• _Available records_:

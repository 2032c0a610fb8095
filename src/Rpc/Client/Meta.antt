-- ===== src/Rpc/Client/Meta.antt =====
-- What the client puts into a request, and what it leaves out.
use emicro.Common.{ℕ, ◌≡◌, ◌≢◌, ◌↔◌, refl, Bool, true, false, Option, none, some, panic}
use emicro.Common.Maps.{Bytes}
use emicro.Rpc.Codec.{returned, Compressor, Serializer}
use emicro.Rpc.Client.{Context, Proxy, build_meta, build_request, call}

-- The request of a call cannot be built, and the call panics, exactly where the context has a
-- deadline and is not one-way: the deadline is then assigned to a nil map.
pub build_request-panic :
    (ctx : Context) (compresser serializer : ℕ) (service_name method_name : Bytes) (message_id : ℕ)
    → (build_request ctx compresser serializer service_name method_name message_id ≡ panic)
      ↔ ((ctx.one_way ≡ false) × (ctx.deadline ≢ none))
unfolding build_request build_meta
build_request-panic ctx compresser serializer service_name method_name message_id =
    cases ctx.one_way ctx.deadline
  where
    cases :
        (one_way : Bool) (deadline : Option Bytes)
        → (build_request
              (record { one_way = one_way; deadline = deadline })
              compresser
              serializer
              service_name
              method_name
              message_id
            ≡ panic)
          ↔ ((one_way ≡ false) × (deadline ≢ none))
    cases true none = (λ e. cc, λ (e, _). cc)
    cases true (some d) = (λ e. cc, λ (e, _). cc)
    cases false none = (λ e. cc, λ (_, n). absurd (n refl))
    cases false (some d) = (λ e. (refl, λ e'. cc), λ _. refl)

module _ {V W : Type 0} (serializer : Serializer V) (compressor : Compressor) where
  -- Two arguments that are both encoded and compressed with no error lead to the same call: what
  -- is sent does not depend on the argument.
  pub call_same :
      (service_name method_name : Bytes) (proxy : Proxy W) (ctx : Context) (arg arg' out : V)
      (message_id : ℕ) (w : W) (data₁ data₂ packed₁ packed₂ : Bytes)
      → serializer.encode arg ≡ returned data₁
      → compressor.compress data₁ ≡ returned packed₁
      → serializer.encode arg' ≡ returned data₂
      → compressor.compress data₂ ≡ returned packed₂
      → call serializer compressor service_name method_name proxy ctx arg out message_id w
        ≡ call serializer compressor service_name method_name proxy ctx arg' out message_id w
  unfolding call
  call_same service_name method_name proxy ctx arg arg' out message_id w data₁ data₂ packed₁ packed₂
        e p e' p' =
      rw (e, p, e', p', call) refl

• _Problem to work on_:
Reproduce exactly the lines from the one with "build_request-panic ctx compresser" through the last line of the entries, keeping both of those lines and nothing else.

• _Solution to this exercise_:
build_request-panic ctx compresser serializer service_name method_name message_id =
    cases ctx.one_way ctx.deadline
  where
    cases :
        (one_way : Bool) (deadline : Option Bytes)
        → (build_request
              (record { one_way = one_way; deadline = deadline })
              compresser
              serializer
              service_name
              method_name
              message_id
            ≡ panic)
          ↔ ((one_way ≡ false) × (deadline ≢ none))
    cases true none = (λ e. cc, λ (e, _). cc)
    cases true (some d) = (λ e. cc, λ (e, _). cc)
    cases false none = (λ e. cc, λ (_, n). absurd (n refl))
    cases false (some d) = (λ e. (refl, λ e'. cc), λ _. refl)

module _ {V W : Type 0} (serializer : Serializer V) (compressor : Compressor) where
  -- Two arguments that are both encoded and compressed with no error lead to the same call: what
  -- is sent does not depend on the argument.
  pub call_same :
      (service_name method_name : Bytes) (proxy : Proxy W) (ctx : Context) (arg arg' out : V)
      (message_id : ℕ) (w : W) (data₁ data₂ packed₁ packed₂ : Bytes)
      → serializer.encode arg ≡ returned data₁
      → compressor.compress data₁ ≡ returned packed₁
      → serializer.encode arg' ≡ returned data₂
      → compressor.compress data₂ ≡ returned packed₂
      → call serializer compressor service_name method_name proxy ctx arg out message_id w
        ≡ call serializer compressor service_name method_name proxy ctx arg' out message_id w
  unfolding call
  call_same service_name method_name proxy ctx arg arg' out message_id w data₁ data₂ packed₁ packed₂
        e p e' p' =
      rw (e, p, e', p', call) refl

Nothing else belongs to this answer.